COVID-19 mortality disparities for socially vulnerable patients, including individuals facing higher levels of poverty, housing insecurity, and limited transportation, have been linked to the quality of hospitals where they received care. Few studies have examined the specific aspects of hospitals, such as nursing care quality, that may underlie disparate outcomes. Recent studies suggest that nursing resources in the pre-pandemic period were associated with mortality during the COVID-19 public health emergency. In this study, we examined the association between social vulnerability, the nurse work environment, and inpatient mortality among Medicare beneficiaries hospitalized with COVID-19. A cross-sectional analysis was conducted of linked survey data collected from nurses working in New York and Illinois, Medicare claims, American Hospital Association Annual Survey data, and the Social Vulnerability Index (SVI). Higher mortality rates were observed among patients in the highest quartile of social vulnerability compared to the lowest (6870 [25.8%] vs 5019 [19.1%]; P < .001). Using multivariable regression modeling, a statistically significant interaction was found between the highest SVI quartile and the nurse work environment (OR, 0.86; 95% CI, 0.76-0.98; P < .05), implying that the effect of a higher quality nurse work environment on mortality was decidedly greater for patients in the highest quartile (odds ratio = 0.86 × 0.94 = 0.80) compared to patients in the lowest quartile (OR, 0.94). Post-hoc analyses demonstrated that hundreds of COVID-19 related deaths among the most socially vulnerable patients may have been avoided if all hospitals had a high-quality nurse work environment. Strengthening the quality of nurse work environments may help to reduce health disparities and should be considered in public health emergency planning, specifically in hospitals serving socially vulnerable communities.

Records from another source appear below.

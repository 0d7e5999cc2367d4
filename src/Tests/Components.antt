-- ===== src/Tests/Components.antt =====
-- The worker, the dispatcher and the reaper on small stores, and the theorems about them there.
use job_processing_workflow.Prelude.{
  ℕ, ◌+◌, ◌<◌, ◌≡◌, refl, true, false, values, List, [], ◌∷◌, none, some, lookup, nat_key, text_key,
  overlay, arith, length, decimal,
}
use job_processing_workflow.Models as Models
use job_processing_workflow.Models.{
  pos, text, Payload, Job, Time, Envelope, build_envelope, OutboxMessage, StuckJob, queued,
  dispatched,
}
use job_processing_workflow.MemoryStore.{
  InMemoryStore, mark_dispatched, TypeConfig, set_type_config, enqueue, active, claim,
  resolve_payload, fetch_unpublished, complete, fail, write_payload, get_job, is_stuck,
  requeue_stuck, dead_letter, find_stuck,
}
use job_processing_workflow.MemoryStore.Invariant.{IsValid}
use job_processing_workflow.MemoryStore.Steps.{here, next, enqueues, claims, Reach-IsValid}
use job_processing_workflow.MemoryStore.AsStore.{in_memory}
use job_processing_workflow.MemoryStore.AsStore.Laws.{status, in_memory_laws}
use job_processing_workflow.Messaging.{new_producer, in_process, publish}
use job_processing_workflow.Worker.{Handler, Lookup, completed, skipped, run, process}
use job_processing_workflow.Worker.Laws.{process-process}
use job_processing_workflow.Worker.Memory.{process-get_job}
use job_processing_workflow.Dispatcher.{publish_all, dispatch_once}
use job_processing_workflow.Reaper.{no_stats, reap, reap_all, reap_once}
use job_processing_workflow.Reaper.Order.{reap_all-Permutes}
use mathlib.Core.List.{Permᴰ}
use job_processing_workflow.Reaper.Stats.{stuck_count, reap_once_stats}
use job_processing_workflow.Reaper.Memory.{Swept, reap_once-Swept}
use job_processing_workflow.Tests.Samples.{
  base, input, waiting, claimed, claimed-IsValid, waiting_job, claimed_job, waiting_found,
  claimed_found,
}

abbrev clock : ℕ → Time
clock n = 100 + n

abbrev late : ℕ → Time
late n = 5_000_000 + n

-- A handler that returns, for every type.
abbrev greet : Handler
greet p = (p, true)

abbrev handlers : Lookup
handlers t = some greet

abbrev hello : Envelope
hello = build_envelope 1 "hello"

abbrev effective : Payload
effective = ("name", text "Grace") ∷ ("lang", text "en") ∷ []

abbrev config : TypeConfig
config = record { run_timeout = 1_000_000; max_attempts = 2; payload = base }

stores : Unit {0}
unfolding set_type_config enqueue active claim resolve_payload complete fail write_payload get_job
stores = tt

configured : lookup "hello" waiting.type_config ≡ some config
unfolding stores
configured = refl

claimed_configured : lookup "hello" claimed.type_config ≡ some config
unfolding stores
claimed_configured = refl

claimed_get : get_job 1 claimed ≡ some claimed_job
unfolding get_job
claimed_get = claimed_found

effective_lem : overlay base input ≡ effective
effective_lem = refl

process_once : (process in_memory clock handlers hello waiting).1 ≡ completed
unfolding stores process run
process_once = refl

process_again :
    (process in_memory clock handlers hello (process in_memory clock handlers hello waiting).0).1
    ≡ skipped
unfolding stores process run
process_again = refl

dispatch_waiting :
    (dispatch_once in_memory in_process clock "jobs" (pos 5) (waiting, new_producer)).0.1.published
    ≡ ("jobs", "1", hello) ∷ []
unfolding stores dispatch_once publish_all publish fetch_unpublished decimal
dispatch_waiting = refl

reap_late : status (reap_once in_memory late claimed).0 1 ≡ some queued
unfolding stores reap_once reap_all reap find_stuck requeue_stuck dead_letter
reap_late = refl

reap_early : status (reap_once in_memory clock claimed).0 1 ≡ some Models.running
unfolding stores reap_once reap_all reap find_stuck requeue_stuck dead_letter
reap_early = refl

process-get_job_example :
    let t = process in_memory clock handlers hello waiting in
    (t.1 ≡ completed)
    × (get_job 1 t.0
        ≡ some (record waiting_job {
          status = Models.completed;
          payload = effective;
          updated_at = 102;
        }))
process-get_job_example =
    process-get_job clock handlers 1 waiting waiting_job config greet waiting_found refl configured
      refl

process-process_example :
    let t = (process in_memory clock handlers hello waiting).0 in
    ((process in_memory late handlers hello t).1 ≡ skipped)
    × ((j : ℕ) → status (process in_memory late handlers hello t).0 j ≡ status t j)
process-process_example =
    process-process in_memory status in_memory_laws clock late handlers hello waiting

one_row : length (fetch_unpublished (pos 5) waiting) < 5
unfolding stores fetch_unpublished
one_row = omega arith

abbrev drained : InMemoryStore
drained = (dispatch_once in_memory in_process clock "jobs" (pos 5) (waiting, new_producer)).0.0

abbrev sent_message : OutboxMessage
sent_message = record { id = 1; job_id = 1; payload = build_envelope 1 "hello" }

sent_row : lookup 1 drained.outbox ≡ some sent_message
unfolding dispatch_once publish_all publish fetch_unpublished mark_dispatched set_type_config
    enqueue active
sent_row = refl

abbrev sent_job : Job
sent_job = record waiting_job { status = dispatched; updated_at = 100 }

sent_found : lookup 1 drained.jobs ≡ some sent_job
unfolding dispatch_once publish_all publish fetch_unpublished mark_dispatched set_type_config
    enqueue active
sent_found = refl

reap_once-Swept_example :
    Swept
      (is_stuck 5_000_000 claimed.type_config claimed_job)
      claimed.type_config
      claimed_job
      (get_job 1 (reap_once in_memory late claimed).0)
reap_once-Swept_example = reap_once-Swept late claimed 1 claimed_job claimed-IsValid claimed_get

reap_once_stats_example : (reap_once in_memory late claimed).1 ≡ record {
  requeued = stuck_count false (late 0) claimed.type_config (values claimed.jobs);
  dead_lettered = stuck_count true (late 0) claimed.type_config (values claimed.jobs);
}
reap_once_stats_example = reap_once_stats late claimed claimed-IsValid

one_requeued : (reap_once in_memory late claimed).1 ≡ record { requeued = 1; dead_lettered = 0 }
unfolding stores reap_once reap_all reap find_stuck requeue_stuck dead_letter
one_requeued = refl

-- A second job that runs.
abbrev two_runs : InMemoryStore
two_runs = (claim 30 2 (enqueue 25 25 "boom" none none claimed).0).0

two_runs-IsValid : IsValid two_runs
two_runs-IsValid =
    Reach-IsValid claimed-IsValid (next (next here (enqueues 25 25 "boom" none none)) (claims 30 2))

abbrev very_late : ℕ → Time
very_late n = 2_000_000_000 + n

abbrev listing : List StuckJob
listing =
    record { job_id = 2; job_type = "boom"; attempts = 0 }
    ∷ record { job_id = 1; job_type = "hello"; attempts = 0 }
    ∷ []

listing_perm : Permᴰ listing (find_stuck (very_late 0) two_runs)
unfolding stores find_stuck
listing_perm = Permᴰ.swap refl refl

reap_all-Permutes_example :
    let r = reap_all in_memory very_late 1 listing (two_runs, no_stats) in
    (r.1 ≡ (reap_once in_memory very_late two_runs).1)
    × ((k : ℕ) (job : Job)
        → get_job k two_runs ≡ some job
        → Swept
            (is_stuck (very_late 0) two_runs.type_config job)
            two_runs.type_config
            job
            (get_job k r.0))
reap_all-Permutes_example =
    reap_all-Permutes very_late two_runs listing two_runs-IsValid listing_perm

社会弱势群体患者(包括面临更高贫困水平、住房无保障和交通受限的个体)的 COVID-19 死亡率差异与他们接受治疗的医院的质量有关。很少有研究探讨可能导致结果差异的医院的具体方面,例如护理质量。最近的研究表明,大流行前时期的护理资源与 COVID-19 公共卫生紧急情况下的死亡率有关。在这项研究中,我们研究了社会脆弱性、护士工作环境与 Medicare 受益人生病住院期间 COVID-19 死亡率之间的关联。对在纽约和伊利诺伊州工作的护士的调查数据、医疗保险索赔、美国医院协会年度调查数据和社会脆弱性指数(SVI)进行了横断面分析。与最低四分位的患者相比,社会脆弱性最高四分位的患者死亡率更高(6870[25.8%]与 5019[19.1%];P<0.001)。使用多变量回归模型,发现最高 SVI 四分位与护士工作环境之间存在统计学显著的交互作用(OR,0.86;95%CI,0.76-0.98;P<0.05),这意味着更高质量的护士工作环境对死亡率的影响对最高四分位的患者(比值比=0.86×0.94=0.80)而言显然更大,而对最低四分位的患者(OR,0.94)而言则更小。事后分析表明,如果所有医院都有高质量的护士工作环境,可能会避免数百名社会弱势群体患者与 COVID-19 相关的死亡。加强护士工作环境的质量可能有助于减少健康差距,应在公共卫生应急规划中考虑,特别是在为社会弱势群体服务的医院中。